Asperg was established by the County Palatine of Tübingen, whose ruling house had a cadet named Asperg, around a preexisting castle. The town and castle were sold to the County of Württemberg in 1308, who granted Asperg town rights. In 1510, Ulrich, Duke of Württemberg gave Asperg Tübingen's town charter, and the town retained it until 1715.

==Geography==
The city (Stadt) of Asperg covers 5.38 km2 of the district of Ludwigsburg, in Baden-Württemberg, one of the 16 States of the Federal Republic of Germany. Asperg is physically located in the basin of the Neckar river. Elevation above sea level in the municipal area ranges from a low of 241 m Normalnull (NN) to a high of 352 m NN.

==Politics==
Asperg has one borough, Asperg, and six villages: Altach, Hohenasperg, Lehenfeld, Osterholz, Schöckinger, and Silberhälden. The abandoned village of Weihenberg is also located in the municipal area.

===Coat of arms===
Asperg's coat of arms displays a green aspen tree growing out of a green, three-pointed hill and flanked by two black stag antlers.
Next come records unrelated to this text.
-- ===== src/Util/Address/Blocks.antt =====
-- The private and reserved IPv4 addresses as blocks of an address space of 32-bit numbers.
use jetauth.Prelude.{
  ltb, leb, ℕ, refl, Bool, false, List, [], arith, ◌+◌, ◌-◌, ◌*◌, ◌^◌, ◌<◌, ◌≡◌, ◌&&◌, ◌||◌, ◌∷◌,
  ◌==◌, nat_eq,
}
use jetauth.Util.Address.{v4, is_private_v4, is_private_or_reserved_ip}

-- The address a.b.c.d as a number.
abbrev pub number : ℕ → ℕ → ℕ → ℕ → ℕ
number a b c d = ((a * 256 + b) * 256 + c) * 256 + d

-- base/length: 2 ^ (32 - length) addresses from the base on
pub record Block : Type 0 where
  pub base : ℕ
  pub size : ℕ

abbrev cidr : ℕ → ℕ → ℕ → ℕ → ℕ → Block
cidr a b c d len = record { base = number a b c d; size = 2 ^ (32 - len) }

unfoldable pub in_block : ℕ → Block → Bool
in_block n block = leb block.base n && ltb n (block.base + block.size)

unfoldable pub in_blocks : ℕ → List Block → Bool
in_blocks n [] = false
in_blocks n (b ∷ bs) = in_block n b || in_blocks n bs

-- Current network, private, loopback, link-local, carrier-grade NAT, the three test networks,
-- multicast, and reserved with the broadcast address.
abbrev pub reserved : List Block
reserved =
    cidr 0 0 0 0 8
    ∷ cidr 10 0 0 0 8
    ∷ cidr 127 0 0 0 8
    ∷ cidr 169 254 0 0 16
    ∷ cidr 172 16 0 0 12
    ∷ cidr 192 168 0 0 16
    ∷ cidr 100 64 0 0 10
    ∷ cidr 192 0 2 0 24
    ∷ cidr 198 51 100 0 24
    ∷ cidr 203 0 113 0 24
    ∷ cidr 224 0 0 0 4
    ∷ cidr 240 0 0 0 4
    ∷ []

pub record AreOctets (a b c d : ℕ) : Type 0 where
  pub first : a < 256
  pub second : b < 256
  pub third : c < 256
  pub fourth : d < 256

module _ (a b c d : ℕ) (h : AreOctets a b c d) where
  block_8 : (k : ℕ) → in_block (number a b c d) (cidr k 0 0 0 8) ≡ (a == k)
  unfolding in_block
  block_8 k = ground arith

  block_16 : (k j : ℕ) → j < 256 → in_block (number a b c d) (cidr k j 0 0 16) ≡ (a == k && b == j)
  unfolding in_block
  block_16 k j p = ground arith

  block_24 :
      (k j i : ℕ)
      → j < 256
      → i < 256
      → in_block (number a b c d) (cidr k j i 0 24) ≡ (a == k && (b == j && c == i))
  unfolding in_block
  block_24 k j i p q = ground arith

  block_12 : in_block (number a b c d) (cidr 172 16 0 0 12) ≡ (a == 172 && (leb 16 b && leb b 31))
  unfolding in_block
  block_12 = ground arith

  block_10 : in_block (number a b c d) (cidr 100 64 0 0 10) ≡ (a == 100 && (leb 64 b && leb b 127))
  unfolding in_block
  block_10 = ground arith

  block_multicast : in_block (number a b c d) (cidr 224 0 0 0 4) ≡ (leb 224 a && leb a 239)
  unfolding in_block
  block_multicast = ground arith

  block_reserved : in_block (number a b c d) (cidr 240 0 0 0 4) ≡ leb 240 a
  unfolding in_block
  block_reserved = ground arith

  pub is_private_v4-eq : is_private_v4 a b c d ≡ in_blocks (number a b c d) reserved
  unfolding is_private_v4 in_blocks
  is_private_v4-eq =
      rw
        (
          block_8 0,
          block_8 10,
          block_8 127,
          block_16 169 254 (omega arith),
          block_12,
          block_16 192 168 (omega arith),
          block_10,
          block_24 192 0 2 (omega arith) (omega arith),
          block_24 198 51 100 (omega arith) (omega arith),
          block_24 203 0 113 (omega arith) (omega arith),
          block_multicast,
          block_reserved,
        )
        (ground arith)

-- An IPv4 address is refused exactly when it lies in one of the reserved blocks.
pub is_private_or_reserved_ip-v4 :
    (a b c d : ℕ)
    → AreOctets a b c d
    → is_private_or_reserved_ip (v4 a b c d) ≡ in_blocks (number a b c d) reserved
is_private_or_reserved_ip-v4 a b c d h = rw v4_lem (is_private_v4-eq a b c d h)
  where
    v4_lem : is_private_or_reserved_ip (v4 a b c d) ≡ is_private_v4 a b c d
    v4_lem = unfold is_private_or_reserved_ip in refl
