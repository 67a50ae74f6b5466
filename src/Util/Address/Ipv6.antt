-- ===== src/Util/Address/Ipv6.antt =====
-- The IPv6 addresses that are refused, as ranges of their first group.
use Prim.Native.Nat.{bit_and}
use mathlib.Core.Bool.{and-eq-true_iff}
use jetauth.Prelude.{
  leb, ℕ, refl, ap, Bool, true, false, not, arith, holds_below, holds_below-lookup, ◌+◌, ◌*◌, ◌/◌,
  ◌%◌, ◌<◌, ◌≡◌, ◌&&◌, ◌||◌, ◌∙◌, ◌==◌, if◌then◌else◌, nat_eq,
}
use jetauth.Util.Address.{v6, is_private_v4, is_loopback_or_unspecified, is_private_or_reserved_ip}
use jetauth.Util.Address.Blocks.{in_blocks, reserved, is_private_v4-eq}

bool_eq : Bool → Bool → Bool
bool_eq true b = b
bool_eq false b = not b

bool_eq_sound : (a b : Bool) → bool_eq a b ≡ true → a ≡ b
unfolding bool_eq
bool_eq_sound a b h = ground arith

mask_agrees : ℕ → Bool
mask_agrees x =
    bool_eq (bit_and x 0xffc0 == 0xfe80) (leb 0xfe80 x && leb x 0xfebf)
    && (bool_eq (bit_and x 0xfe00 == 0xfc00) (leb 0xfc00 x && leb x 0xfdff)
        && bool_eq (bit_and x 0xff00 == 0xff00) (leb 0xff00 x))

mask_table : holds_below mask_agrees 65536 ≡ true
unfolding holds_below mask_agrees bool_eq
mask_table = refl

masks :
    (x : ℕ)
    → x < 65536
    → ((bit_and x 0xffc0 == 0xfe80) ≡ (leb 0xfe80 x && leb x 0xfebf))
      × ((bit_and x 0xfe00 == 0xfc00) ≡ (leb 0xfc00 x && leb x 0xfdff))
      × ((bit_and x 0xff00 == 0xff00) ≡ leb 0xff00 x)
masks x h =
    let (p, rest) =
      (and-eq-true_iff _ _).0 (agrees (holds_below-lookup mask_agrees 65536 mask_table x h)) in
    let (q, r) = (and-eq-true_iff _ _).0 rest in
    (bool_eq_sound _ _ p, bool_eq_sound _ _ q, bool_eq_sound _ _ r)
  where
    agrees :
        mask_agrees x ≡ true
        → (bool_eq (bit_and x 0xffc0 == 0xfe80) (leb 0xfe80 x && leb x 0xfebf)
            && (bool_eq (bit_and x 0xfe00 == 0xfc00) (leb 0xfc00 x && leb x 0xfdff)
                && bool_eq (bit_and x 0xff00 == 0xff00) (leb 0xff00 x)))
          ≡ true
    agrees e = unfold mask_agrees in e

-- ::ffff:0:0/96
abbrev pub is_mapped : (s0 s1 s2 s3 s4 s5 : ℕ) → Bool
is_mapped s0 s1 s2 s3 s4 s5 =
    s0 == 0 && (s1 == 0 && (s2 == 0 && (s3 == 0 && (s4 == 0 && s5 == 0xffff))))

octets_of_groups :
    (s6 s7 : ℕ)
    → s6 < 65536
    → s7 < 65536
    → is_private_v4 (s6 / 256) (s6 % 256) (s7 / 256) (s7 % 256)
      ≡ in_blocks (s6 * 65536 + s7) reserved
octets_of_groups s6 s7 h k =
    is_private_v4-eq (s6 / 256) (s6 % 256) (s7 / 256) (s7 % 256) (omega arith)
    ∙ ap (λ n. in_blocks n reserved) (omega arith)

ladder :
    (l a b c m x : Bool)
    → (if l
        then true
        else if a
        then true
        else if b
        then true
        else if c
        then true
        else if m
        then x
        else false)
      ≡ (l || (a || (b || (c || m && x))))
ladder l a b c m x = ground arith

-- An IPv6 address is refused exactly when it is :: or ::1, lies in fe80::/10, fc00::/7 or ff00::/8,
-- or is an IPv4-mapped address whose IPv4 part lies in a reserved block.
pub is_private_or_reserved_ip-v6 :
    (s0 s1 s2 s3 s4 s5 s6 s7 : ℕ)
    → s0 < 65536
    → s6 < 65536
    → s7 < 65536
    → is_private_or_reserved_ip (v6 s0 s1 s2 s3 s4 s5 s6 s7) ≡ (
        is_loopback_or_unspecified s0 s1 s2 s3 s4 s5 s6 s7
        || (leb 0xfe80 s0 && leb s0 0xfebf
            || (leb 0xfc00 s0 && leb s0 0xfdff
                || (leb 0xff00 s0
                    || is_mapped s0 s1 s2 s3 s4 s5 && in_blocks (s6 * 65536 + s7) reserved))))
is_private_or_reserved_ip-v6 s0 s1 s2 s3 s4 s5 s6 s7 h k l =
    let (p, q, r) = masks s0 h in
    v6_lem
    ∙ rw (p, q, r, octets_of_groups s6 s7 k l)
        (ladder (is_loopback_or_unspecified s0 s1 s2 s3 s4 s5 s6 s7)
          (leb 0xfe80 s0 && leb s0 0xfebf) (leb 0xfc00 s0 && leb s0 0xfdff) (leb 0xff00 s0)
          (is_mapped s0 s1 s2 s3 s4 s5) (in_blocks (s6 * 65536 + s7) reserved))
  where
    v6_lem : is_private_or_reserved_ip (v6 s0 s1 s2 s3 s4 s5 s6 s7) ≡ (
        if is_loopback_or_unspecified s0 s1 s2 s3 s4 s5 s6 s7
        then true
        else if bit_and s0 0xffc0 == 0xfe80
        then true
        else if bit_and s0 0xfe00 == 0xfc00
        then true
        else if bit_and s0 0xff00 == 0xff00
        then true
        else if is_mapped s0 s1 s2 s3 s4 s5
        then is_private_v4 (s6 / 256) (s6 % 256) (s7 / 256) (s7 % 256)
        else false)
    v6_lem = unfold is_private_or_reserved_ip in refl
The aspen tree references the name "Asperg", while the antlers are taken from coat of arms of Württemberg and have flanked the tree since the 19th century in local seals. This coat of arms was derived from a colored drawing from 1593 that would later, in 1933, dictate the colors of the municipal flag.

==Asperger==

The name of physician Hans Asperger indicates his having had a family connection to Asperg, though the man himself was born and lived in Austria. Thus, the well-known Asperger syndrome is indirectly named for the city.